I'm not sure how I feel about the Amfortas as Jesus thing, or the blood ritual with them pouring his blood into the grail and all the knights drinking from it... Maybe I have to watch the rest to see how that develops, but again, I'm not feeling that motivated to seek the rest out.


----------



## Woodduck (Mar 17, 2014)

Having just watched the entire performance of Uwe Erik Laufenberg's _Parsifal_ - I mean, Wagner's _Parsifal_ (or do I?) - from Bayreuth, I have to say that the biggest surprise to me is that the sublimity of its music overwhelmed me despite what happened, or failed to happen, onstage. Despite a few interesting details, there are no great depths to discover in this production. "Religion is bad, let's get beyond it" pretty well sums it up.

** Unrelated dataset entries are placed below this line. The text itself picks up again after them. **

-- ===== src/Chief/Tcp.antt =====
-- chief/oldi/oldi_tcp_controller.go: the provider over TCP. Each event is one step of one of its
-- goroutines: that of `Work`, that of the server, and two loops for each connection.
mod Clients
pub mod Sent
pub mod Empty
use fmtp.Prelude.{
  ℕ, zero, suc, String, Bool, true, false, not, ◌&&◌, Option, none, some, List, [], ◌∷◌, ◌++◌, map,
  ◌==◌, string_eq, nat_eq, int_eq, bytes_eq, if◌then◌else◌, Bytes, codes, ℤ, pos,
}
use fmtp.Channel.Settings.{encode1251}
use fmtp.Chief.Settings.{ProviderSettings}
use fmtp.Chief.State.{ChiefState, ProviderState, state_ok, state_error, set_oldi_provider_state}

-- A connection that has been accepted: `oldiClnt` with what its two loops keep.
pub record OldiClnt : Type 0 where
  -- The text of its remote address.
  pub remote_addr : Bytes
  -- It is in `providerClients`; otherwise its `cancelWorkChan` is closed.
  pub listed : Bool
  pub to_send_data_chan : List Bytes
  -- What has been written to the connection.
  pub written : List Bytes
  pub receives : Bool
  pub sends : Bool

pub record OldiTcpController : Type 0 where
  pub setts : List ProviderSettings
  pub provider_encoding : String
  pub from_oldi_data_chan : List Bytes
  -- The connections by the order of their acceptance.
  pub provider_clients : List OldiClnt
  pub tcp_listener_work : Bool
  pub tcp_local_port : ℤ
  -- The ports that a server has been started for, and the number of servers stopped.
  pub started : List ℤ
  pub stopped : ℕ

unfoldable pub new_oldi_tcp_controller : OldiTcpController
new_oldi_tcp_controller = record {
  setts = [];
  provider_encoding = "";
  from_oldi_data_chan = [];
  provider_clients = [];
  tcp_listener_work = false;
  tcp_local_port = pos 0;
  started = [];
  stopped = 0;
}

abbrev pub new_clnt : Bytes → OldiClnt
new_clnt remote_addr = record {
  remote_addr = remote_addr;
  listed = true;
  to_send_data_chan = [];
  written = [];
  receives = true;
  sends = true;
}

abbrev pub close_clnt : OldiClnt → OldiClnt
close_clnt clnt = record clnt { listed = false }

-- The connection with a number is changed; there is none with a number too high.
abbrev pub at_clnt : ℕ → (OldiClnt → OldiClnt) → List OldiClnt → List OldiClnt
at_clnt n change [] = []
at_clnt zero change (clnt ∷ clnts) = change clnt ∷ clnts
at_clnt (suc n) change (clnt ∷ clnts) = clnt ∷ at_clnt n change clnts

abbrev pub get_clnt : ℕ → List OldiClnt → Option OldiClnt
get_clnt n [] = none
get_clnt zero (clnt ∷ clnts) = some clnt
get_clnt (suc n) (clnt ∷ clnts) = get_clnt n clnts

-- The port and the encoding are those of the last provider.
abbrev pub last_port : List ProviderSettings → ℤ → ℤ
last_port [] port = port
last_port (val ∷ vals) port = last_port vals val.local_port

abbrev pub last_encoding : List ProviderSettings → String → String
last_encoding [] encoding = encoding
last_encoding (val ∷ vals) encoding = last_encoding vals val.provider_encoding

unfoldable pub stop_server : OldiTcpController → OldiTcpController
stop_server c = record c {
  provider_clients = map close_clnt c.provider_clients;
  stopped = suc c.stopped;
}

-- A server that listens is stopped first.
abbrev pub stop_working : Bool → OldiTcpController → OldiTcpController
unfolding stop_server
stop_working true c = stop_server c
stop_working false c = c

-- The flag says that the port is the same.
abbrev pub move_to : Bool → ℤ → OldiTcpController → OldiTcpController
unfolding stop_working
move_to true local_port c = c
move_to false local_port c =
    let ready = stop_working c.tcp_listener_work c in
    record ready { tcp_local_port = local_port; started = ready.started ++ local_port ∷ [] }

unfoldable pub change_providers : List ProviderSettings → OldiTcpController → OldiTcpController
unfolding move_to
change_providers setts c =
    let local_port = last_port setts (pos 0) in
    move_to (c.tcp_local_port == local_port) local_port
      (record c { setts = setts; provider_encoding = last_encoding setts c.provider_encoding })

-- A packet for the provider goes to every client that is listed.
abbrev pub give_packet : Bytes → OldiClnt → OldiClnt
give_packet packet clnt =
    if clnt.listed
    then record clnt { to_send_data_chan = clnt.to_send_data_chan ++ packet ∷ [] }
    else clnt

abbrev has_prefix : Bytes → Bytes → Bool
has_prefix [] text = true
has_prefix (x ∷ xs) [] = false
has_prefix (x ∷ xs) (y ∷ ys) = x == y && has_prefix xs ys

abbrev connected_from : Bytes → List OldiClnt → Bool
connected_from ip [] = false
connected_from ip (clnt ∷ clnts) =
    if clnt.listed && has_prefix ip clnt.remote_addr then true else connected_from ip clnts

abbrev any_connected : List String → List OldiClnt → Bool
any_connected [] clnts = false
any_connected (ip ∷ ips) clnts =
    if connected_from (codes ip) clnts then true else any_connected ips clnts

abbrev state_of : List OldiClnt → ProviderSettings → ProviderState
state_of clnts val = record {
  provider_id = val.id;
  provider_type = val.data_type;
  provider_ips = val.ip_addresses;
  provider_state = if any_connected val.ip_addresses clnts then state_ok else state_error;
}

-- The ticker that checks the state.
unfoldable pub check_providers : OldiTcpController → ChiefState → ChiefState
check_providers c state = set_oldi_provider_state state (map (state_of c.provider_clients) c.setts)

pub data TcpEvent : Type 0 where
  -- The cases of `Work`.
  setts_given : List ProviderSettings → TcpEvent
  packet_given : Bytes → TcpEvent
  -- The server: whether it listens, and the address of a new connection.
  server_listens : Bool → TcpEvent
  accepted : Bytes → TcpEvent
  -- A loop of the connection with a number: what it has read, `none` where it fails; whether its
  -- write succeeds; or it sees that it is cancelled.
  data_read : ℕ → Option Bytes → TcpEvent
  data_written : ℕ → Bool → TcpEvent
  receive_cancelled send_cancelled : ℕ → TcpEvent

-- The recoding is a library's.
module _ (win1251_to_utf8 utf8_to_win1251 : Bytes → Bytes) where
  -- What is written for a packet: without the encoding, `dataToSend` stays empty.
  abbrev pub recoded_packet : String → Bytes → Bytes
  recoded_packet encoding packet = if encoding == encode1251 then utf8_to_win1251 packet else []

  abbrev pub received : String → Bytes → Bytes
  received encoding buffer = if encoding == encode1251 then win1251_to_utf8 buffer else buffer

  abbrev pub write_oldest : String → Bool → List Bytes → OldiClnt → OldiClnt
  write_oldest encoding done [] clnt = clnt
  write_oldest encoding true (packet ∷ packets) clnt = record clnt {
    to_send_data_chan = packets;
    written = clnt.written ++ recoded_packet encoding packet ∷ [];
  }
  write_oldest encoding false (packet ∷ packets) clnt =
      close_clnt (record clnt { to_send_data_chan = packets })

  unfoldable pub send_step : String → Bool → OldiClnt → OldiClnt
  send_step encoding done clnt =
      if clnt.sends then write_oldest encoding done clnt.to_send_data_chan clnt else clnt

  abbrev pub receive_from :
      ℕ → Option Bytes → Option OldiClnt → OldiTcpController → OldiTcpController
  receive_from n read none c = c
  receive_from n none (some clnt) c =
      if clnt.receives
      then record c { provider_clients = at_clnt n close_clnt c.provider_clients }
      else c
  receive_from n (some buffer) (some clnt) c =
      if clnt.receives
      then record c {
        from_oldi_data_chan = c.from_oldi_data_chan ++ received c.provider_encoding buffer ∷ [];
      }
      else c

  unfoldable pub tcp_step : TcpEvent → OldiTcpController → OldiTcpController
  unfolding change_providers send_step
  tcp_step (setts_given setts) c = change_providers setts c
  tcp_step (packet_given packet) c = record c {
    provider_clients = map (give_packet packet) c.provider_clients;
  }
  tcp_step (server_listens works) c = record c { tcp_listener_work = works }
  tcp_step (accepted remote_addr) c = record c {
    provider_clients = c.provider_clients ++ new_clnt remote_addr ∷ [];
  }
  tcp_step (data_read n read) c = receive_from n read (get_clnt n c.provider_clients) c
  tcp_step (data_written n done) c = record c {
    provider_clients = at_clnt n (send_step c.provider_encoding done) c.provider_clients;
  }
  tcp_step (receive_cancelled n) c = record c {
    provider_clients =
        at_clnt n (λ clnt. if clnt.listed then clnt else record clnt { receives = false })
          c.provider_clients;
  }
  tcp_step (send_cancelled n) c = record c {
    provider_clients =
        at_clnt n (λ clnt. if clnt.listed then clnt else record clnt { sends = false })
          c.provider_clients;
  }

  -- From the first event to the last.
  unfoldable pub tcp_run : List TcpEvent → OldiTcpController → OldiTcpController
  unfolding tcp_step
  tcp_run [] c = c
  tcp_run (event ∷ events) c = tcp_run events (tcp_step event c)
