-- ===== src/Chief/Tcp/Clients.antt =====
-- What a step keeps of the connections: a property of one of them, and the encoding.
use fmtp.Prelude.{
  ℕ, zero, suc, String, ◌≡◌, refl, Bool, true, false, Option, none, some, List, [], ◌∷◌, ◌++◌, map,
  All, ℤ, int_eq,
}
use fmtp.Chief.Settings.{ProviderSettings}
use fmtp.Chief.Tcp.{
  OldiClnt, OldiTcpController, at_clnt, get_clnt, change_providers, stop_server, stop_working,
  move_to, last_encoding, close_clnt,
}

-- A property of the connection with a number, if there is one.
abbrev pub Has : (OldiClnt → Type 0) → Option OldiClnt → Type 0
Has holds none = ⊥
Has holds (some clnt) = holds clnt

module _ (holds after : OldiClnt → Type 0) (change : OldiClnt → OldiClnt) where
  pub Has-map :
      ((clnt : OldiClnt) → holds clnt → after (change clnt))
      → (n : ℕ) (clnts : List OldiClnt) → Has holds (get_clnt n clnts)
      → Has after (get_clnt n (map change clnts))
  Has-map keeps zero (clnt ∷ clnts) h = keeps clnt h
  Has-map keeps (suc n) (clnt ∷ clnts) h = Has-map keeps n clnts h
  Has-map keeps n [] h = h

module _ (holds : OldiClnt → Type 0) (change : OldiClnt → OldiClnt) where
  pub Has-at_clnt :
      ((clnt : OldiClnt) → holds clnt → holds (change clnt))
      → (k n : ℕ) (clnts : List OldiClnt) → Has holds (get_clnt n clnts)
      → Has holds (get_clnt n (at_clnt k change clnts))
  Has-at_clnt keeps k n [] h = h
  Has-at_clnt keeps zero zero (clnt ∷ clnts) h = keeps clnt h
  Has-at_clnt keeps zero (suc n) (clnt ∷ clnts) h = h
  Has-at_clnt keeps (suc k) zero (clnt ∷ clnts) h = h
  Has-at_clnt keeps (suc k) (suc n) (clnt ∷ clnts) h = Has-at_clnt keeps k n clnts h

  pub All-at_clnt :
      ((clnt : OldiClnt) → holds clnt → holds (change clnt))
      → (k : ℕ) (clnts : List OldiClnt) → All holds clnts
      → All holds (at_clnt k change clnts)
  All-at_clnt keeps k [] h = h
  All-at_clnt keeps zero (clnt ∷ clnts) (h, hs) = (keeps clnt h, hs)
  All-at_clnt keeps (suc k) (clnt ∷ clnts) (h, hs) = (h, All-at_clnt keeps k clnts hs)

  pub All-map_clnt :
      ((clnt : OldiClnt) → holds clnt → holds (change clnt))
      → (clnts : List OldiClnt) → All holds clnts
      → All holds (map change clnts)
  All-map_clnt keeps [] h = h
  All-map_clnt keeps (clnt ∷ clnts) (h, hs) = (keeps clnt h, All-map_clnt keeps clnts hs)

pub Has-append :
    (holds : OldiClnt → Type 0) (n : ℕ) (clnts more : List OldiClnt)
    → Has holds (get_clnt n clnts)
    → Has holds (get_clnt n (clnts ++ more))
Has-append holds n [] more h = absurd h
Has-append holds zero (clnt ∷ clnts) more h = h
Has-append holds (suc n) (clnt ∷ clnts) more h = Has-append holds n clnts more h

-- The encoding after settings whose providers all have a property of theirs.
pub last_encoding-keeps :
    (holds : String → Type 0) (setts : List ProviderSettings) (encoding : String)
    → All (λ (val : ProviderSettings). holds val.provider_encoding) setts
    → holds encoding
    → holds (last_encoding setts encoding)
last_encoding-keeps holds [] encoding hs h = h
last_encoding-keeps holds (val ∷ vals) encoding (hv, hs) h =
    last_encoding-keeps holds vals val.provider_encoding hs hv

-- New settings set the encoding, and close the connections or leave them.
module _ (holds : List OldiClnt → Type 0)
    (closes : (clnts : List OldiClnt) → holds clnts → holds (map close_clnt clnts)) where
  stop_working-keeps :
      (works : Bool) (c : OldiTcpController)
      → holds c.provider_clients
      → (holds (stop_working works c).provider_clients)
        × ((stop_working works c).provider_encoding ≡ c.provider_encoding)
  unfolding stop_working stop_server
  stop_working-keeps true c h = (closes c.provider_clients h, refl)
  stop_working-keeps false c h = (h, refl)

  move_to-keeps :
      (same : Bool) (local_port : ℤ) (c : OldiTcpController)
      → holds c.provider_clients
      → (holds (move_to same local_port c).provider_clients)
        × ((move_to same local_port c).provider_encoding ≡ c.provider_encoding)
  unfolding move_to
  move_to-keeps true local_port c h = (h, refl)
  move_to-keeps false local_port c h = stop_working-keeps c.tcp_listener_work c h

  pub change_providers-keeps :
      (setts : List ProviderSettings) (c : OldiTcpController)
      → holds c.provider_clients
      → (holds (change_providers setts c).provider_clients)
        × ((change_providers setts c).provider_encoding ≡ last_encoding setts c.provider_encoding)
  unfolding change_providers
  change_providers-keeps setts c h = move_to-keeps _ _ _ h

The action opens right after the prelude begins (it seems obligatory now to do something during Wagner's preludes, as if music isn't enough to keep us interested). The first act takes place in an old church building, occupied by a Christian brotherhood, somewhere in the Middle East in modern times (the knights drink water from plastic bottles). At one point a bunch of men in military camouflage and carrying machine guns enter, look around, and leave again, so we gather that the area is not safe. Kundry is dressed in a black Burqa with only her face exposed. She looks pretty matter of fact about things; we wouldn't think she was anyone peculiar, much less under a curse or a magician's power. Just before Parsifal comes in a little boy runs in and faints; we don't know who he is. At one point a man and and a woman have a little struggle and she runs out. We don't know who they are either. Nothing else peculiar happens until the transformation music, during which we have to watch a video about outer space until we get to the Grail ceremony. In this, Titurel is present and on his feet rather than in a crypt. Instead of being carried in on a litter and placed before the Grail, which here is just a little cup sitting out in the open, Amfortas walks in wearing a crown of thorns and a white robe, strips down to a loin cloth, and stands in a crucified pose with stigmata in his hands. His wound is reopened by his knights, who stick a knife into it, whereupon blood runs out of every part of his body and is collected and drunk by the knights in place of the symbolic blood of Christ.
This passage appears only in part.